DATA UNDER STUDY.
╭──
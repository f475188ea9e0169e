-- ===== src/ArchiveManager.antt =====
-- include/client/ArchiveManager.hpp and src/client/ArchiveManager.cpp. The progress bar is left out.
pub mod Format
pub mod Creates
pub mod Stores
pub mod Unpacks
pub mod RoundTrip
use drop_file.FsEntryInfo.{
  read_from_stream, FsEntryInfo, get_remaining_bytes, write_compressed_length, write_to_stream,
  new_entry,
}
use drop_file.Streams.{InputStream, OutputStream}
use drop_file.Zstd.{decompress, compress, Library}
use drop_file.Common.{
  ℕ, zero, suc, ◌+◌, ◌-◌, ◌*◌, ◌/◌, ◌%◌, ◌^◌, ◌≤◌, ◌<◌, min, ◌≡◌, refl, sym, ap, subst, ◌∙◌, ◌≢◌,
  ◌↔◌, ◌⊎◌, inl, inr, ite, if_pos, if_neg, Bool, true, false, not, ◌&&◌, ◌||◌, Option, none, some,
  List, [], ◌∷◌, ◌++◌, map, append-nil, append_assoc, arith, dec_lt, dec_le, ltb, leb, ◌==◌,
  if◌then◌else◌, ltb→lt, lt→ltb, le→ltb_false, Bool-cases, Option-cases, Bytes, text, bytes_eq,
  bytes_eq_refl, bytes_eq→eq, bytes_eq_iff, ne→bytes_eq_false, length, take, drop, length-append,
  All, take-append-drop, length-take, length-drop, take_all, drop_all, take-append_le,
  take-append_ge, drop-append_ge, drop-drop, take_front, drop_front, take_split,
}
use drop_file.Result.{lift}
use drop_file.Outcome.{
  Action, Exception, Outcome, archive_manager_exception, filesystem_error, pure, settled, throw,
  thrown, unfinished, ◌>>=◌, ◌>>◌,
}

-- What a directory holds, in the order in which directory_iterator gives it. A file whose content
-- is `none` cannot be opened; `other` is neither a directory nor a regular file. At `unreadable` the
-- iterator, or the look at the next entry, throws.
mutual
  pub data Node : Type 0 where
    regular_file : Option Bytes → Node
    folder : Entries → Node
    other : Node

  pub data Entries : Type 0 where
    no_entries : Entries
    unreadable : Entries
    entry : Bytes → Node → Entries → Entries

-- `/` of std::filesystem::path: an absolute right side replaces the left one.
abbrev pub ends_with_separator : Bytes → Bool
ends_with_separator [] = true
ends_with_separator (b ∷ []) = b == 47
ends_with_separator (b ∷ c ∷ bs) = ends_with_separator (c ∷ bs)

abbrev pub is_absolute : Bytes → Bool
is_absolute [] = false
is_absolute (b ∷ bs) = b == 47

unfoldable pub join_paths : Bytes → Bytes → Bytes
join_paths a b =
    if is_absolute b then b else if ends_with_separator a then a ++ b else a ++ (47 ∷ b)

abbrev pub cannot_open_input : Bytes → Exception
cannot_open_input path = archive_manager_exception (text "Failed to open input file: " ++ path)

abbrev pub open_input : Bytes → Option Bytes → Action OutputStream Bytes
open_input file_path none = throw (cannot_open_input file_path)
open_input file_path (some content) = pure content

module _ (format_number : ℕ → Bytes) where
  unfoldable pub add_directory : Bytes → Action OutputStream (Unit {0})
  add_directory relative_path = do
    info ← lift (new_entry format_number true relative_path)
    _ ← write_to_stream format_number info
    pure tt

module _ (z : Library) (calls : ℕ) where
  -- zstd::compress of a file that was just opened, with a round for each of its bytes and two.
  abbrev pub compress_file : Bytes → Action OutputStream ℕ
  compress_file content archive =
      settled (λ p. p.output)
        (compress z (length content + 2) calls (record {
          input = record { content = content; position = 0; failed = false };
          output = archive;
        }))

module _ (z : Library) (calls : ℕ) (format_number : ℕ → Bytes) where
  unfoldable pub add_file : Bytes → Option Bytes → Bytes → Action OutputStream (Unit {0})
  add_file file_path input_file relative_path = do
    file_info ← lift (new_entry format_number false relative_path)
    pos_to_write_compressed_size ← write_to_stream format_number file_info
    content ← open_input file_path input_file
    bytes_written ← compress_file z calls content
    write_compressed_length pos_to_write_compressed_size bytes_written

  -- The loop of packDirectory; the clause of a directory in it is packDirectory itself.
  unfoldable mutual
    pub pack_entries : Bytes → Entries → Bytes → Action OutputStream (Unit {0})
    pack_entries dir_to_compress no_entries relative_path = pure tt
    pack_entries dir_to_compress unreadable relative_path = throw filesystem_error
    pack_entries dir_to_compress (entry filename node entries) relative_path =
        pack_node (join_paths dir_to_compress filename) node (join_paths relative_path filename)
        >> pack_entries dir_to_compress entries relative_path

    pub pack_node : Bytes → Node → Bytes → Action OutputStream (Unit {0})
    pack_node current (folder entries) new_relative =
        add_directory format_number new_relative >> pack_entries current entries new_relative
    pack_node current (regular_file content) new_relative = add_file current content new_relative
    pack_node current other new_relative = pure tt

  unfoldable pub pack_directory : Bytes → Entries → Bytes → Action OutputStream (Unit {0})
  pack_directory dir_to_compress entries relative_path =
      add_directory format_number relative_path
      >> pack_entries dir_to_compress entries relative_path

  abbrev pub exists_already : Bytes → Exception
  exists_already path =
      archive_manager_exception
        (text "File that you try to unpackArchive to (" ++ (path ++ text ") already exists!"))

  -- The state is the new archive. `path` is the directory of the manager, `filename` its last part.
  unfoldable pub create_archive :
      Bytes → Bytes → Entries → Bool → Bytes → Action OutputStream (Unit {0})
  create_archive path filename entries exists new_archive_path =
      if exists
      then throw (exists_already new_archive_path)
      else pack_directory path entries filename

-- What unpacking uses of std::filesystem and of the file streams; `Disk` is all that lies on the
-- disk.
pub record FileSystem : Type 1 where
  pub Disk : Type 0
  -- `none` is an error.
  pub exists : Bytes → Disk → Option Bool
  -- The bytes of a regular file: file_size throws for anything else.
  pub content : Bytes → Disk → Option Bytes
  -- create_directories, which may throw
  pub create_directories : Bytes → Disk → Option Disk
  -- An ofstream, if it is open, truncates its file.
  pub open_output : Bytes → Disk → Option Disk
  -- What was written to an open ofstream from its beginning on.
  pub written : Bytes → Bytes → Disk → Disk

abbrev pub cannot_open_output : Bytes → Exception
cannot_open_output path =
    archive_manager_exception (text "Failed to open output decompressed_file: " ++ path)

abbrev pub no_directory : Bytes → Exception
no_directory path =
    archive_manager_exception (
      text "Directory that you try to unpack archive into (" ++ (path ++ text ") does not exists!"))

abbrev pub no_archive : Bytes → Exception
no_archive path =
    archive_manager_exception (text "Given archive " ++ (path ++ text " does not exists!"))

module _ (fs : FileSystem) where
  pub record Unpacking : Type 0 where
    pub archive : InputStream
    pub disk : fs.Disk

  abbrev pub on_archive {ℓ} : {A : Type ℓ} → Action InputStream A → Action Unpacking A
  on_archive m u = settled (λ s. record u { archive = s }) (m u.archive)

  abbrev pub updated : Exception → Unpacking → Option fs.Disk → Outcome Unpacking (Unit {0})
  updated e u none = thrown e u
  updated e u (some disk) = pure tt (record u { disk = disk })

  abbrev pub update_disk : Exception → (fs.Disk → Option fs.Disk) → Action Unpacking (Unit {0})
  update_disk e f u = updated e u (f u.disk)

module _ (z : Library) (calls : ℕ) (fs : FileSystem) where
  -- What was written before an exception stays in the file.
  unfoldable pub decompress_file : Bytes → ℕ → Action (Unpacking fs) ℕ
  decompress_file path compressed_length u =
      settled (λ p. record { archive = p.input; disk = fs.written path p.output.content u.disk })
        (decompress z (suc compressed_length) calls compressed_length
          (record { input = u.archive; output = record { content = []; position = 0 } }))

  unfoldable pub unpack_file : Bytes → FsEntryInfo → Action (Unpacking fs) (Unit {0})
  unpack_file directory entry_info = do
    let path = join_paths directory entry_info.relative_path
    update_disk fs (cannot_open_output path) (fs.open_output path)
    _ ← decompress_file path entry_info.compressed_length
    pure tt

  unfoldable pub unpack_entry : Bytes → FsEntryInfo → Action (Unpacking fs) (Unit {0})
  unpack_entry directory entry_info =
      if not (entry_info.is_directory == 0)
      then update_disk fs filesystem_error
          (fs.create_directories (join_paths directory entry_info.relative_path))
      else unpack_file directory entry_info

module _ (z : Library) (calls : ℕ) (format_number : ℕ → Bytes) (fs : FileSystem) where
  -- Fuel: one round for each byte of the archive, and one.
  unfoldable pub unpack_loop : ℕ → Bytes → ℕ → Action (Unpacking fs) (Unit {0})
  unpack_loop zero directory archive_size = λ _. unfinished
  unpack_loop (suc fuel) directory archive_size = do
    remaining ← on_archive fs (get_remaining_bytes archive_size)
    let more = (do
      entry_info ← on_archive fs (read_from_stream format_number archive_size)
      unpack_entry z calls fs directory entry_info
      unpack_loop fuel directory archive_size)
    if ltb 0 remaining then more else pure tt

  abbrev pub unpack_content : Bytes → Option Bytes → Action fs.Disk (Unit {0})
  unpack_content directory none = throw filesystem_error
  unpack_content directory (some content) = λ disk.
      settled (λ u. u.disk)
        (unpack_loop (suc (length content)) directory (length content) (record {
          archive = record { content = content; position = 0; failed = false };
          disk = disk;
        }))

  -- `if (!exists(...)) throw ...;`, where exists may throw itself.
  abbrev pub unless_missing : Exception → Option Bool → Action fs.Disk (Unit {0})
  unless_missing e none = throw filesystem_error
  unless_missing e (some false) = throw e
  unless_missing e (some true) = pure tt

  unfoldable pub unpack_archive : Bytes → Bytes → Action fs.Disk (Unit {0})
  unpack_archive directory archive_path disk =
      (unless_missing (no_directory archive_path) (fs.exists directory disk)
          >> (unless_missing (no_archive archive_path) (fs.exists archive_path disk)
              >> unpack_content directory (fs.content archive_path disk)))
        disk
╰──
EXERCISE BRIEF. For this exercise, output exactly the lines above from the line with "try to unpackArchive" to the line with "module _ (z : Library) (calls : ℕ) (fs", counting both, and leave out the rest.

RESULT.
        (text "File that you try to unpackArchive to (" ++ (path ++ text ") already exists!"))

  -- The state is the new archive. `path` is the directory of the manager, `filename` its last part.
  unfoldable pub create_archive :
      Bytes → Bytes → Entries → Bool → Bytes → Action OutputStream (Unit {0})
  create_archive path filename entries exists new_archive_path =
      if exists
      then throw (exists_already new_archive_path)
      else pack_directory path entries filename

-- What unpacking uses of std::filesystem and of the file streams; `Disk` is all that lies on the
-- disk.
pub record FileSystem : Type 1 where
  pub Disk : Type 0
  -- `none` is an error.
  pub exists : Bytes → Disk → Option Bool
  -- The bytes of a regular file: file_size throws for anything else.
  pub content : Bytes → Disk → Option Bytes
  -- create_directories, which may throw
  pub create_directories : Bytes → Disk → Option Disk
  -- An ofstream, if it is open, truncates its file.
  pub open_output : Bytes → Disk → Option Disk
  -- What was written to an open ofstream from its beginning on.
  pub written : Bytes → Bytes → Disk → Disk

abbrev pub cannot_open_output : Bytes → Exception
cannot_open_output path =
    archive_manager_exception (text "Failed to open output decompressed_file: " ++ path)

abbrev pub no_directory : Bytes → Exception
no_directory path =
    archive_manager_exception (
      text "Directory that you try to unpack archive into (" ++ (path ++ text ") does not exists!"))

abbrev pub no_archive : Bytes → Exception
no_archive path =
    archive_manager_exception (text "Given archive " ++ (path ++ text " does not exists!"))

module _ (fs : FileSystem) where
  pub record Unpacking : Type 0 where
    pub archive : InputStream
    pub disk : fs.Disk

  abbrev pub on_archive {ℓ} : {A : Type ℓ} → Action InputStream A → Action Unpacking A
  on_archive m u = settled (λ s. record u { archive = s }) (m u.archive)

  abbrev pub updated : Exception → Unpacking → Option fs.Disk → Outcome Unpacking (Unit {0})
  updated e u none = thrown e u
  updated e u (some disk) = pure tt (record u { disk = disk })

  abbrev pub update_disk : Exception → (fs.Disk → Option fs.Disk) → Action Unpacking (Unit {0})
  update_disk e f u = updated e u (f u.disk)

module _ (z : Library) (calls : ℕ) (fs : FileSystem) where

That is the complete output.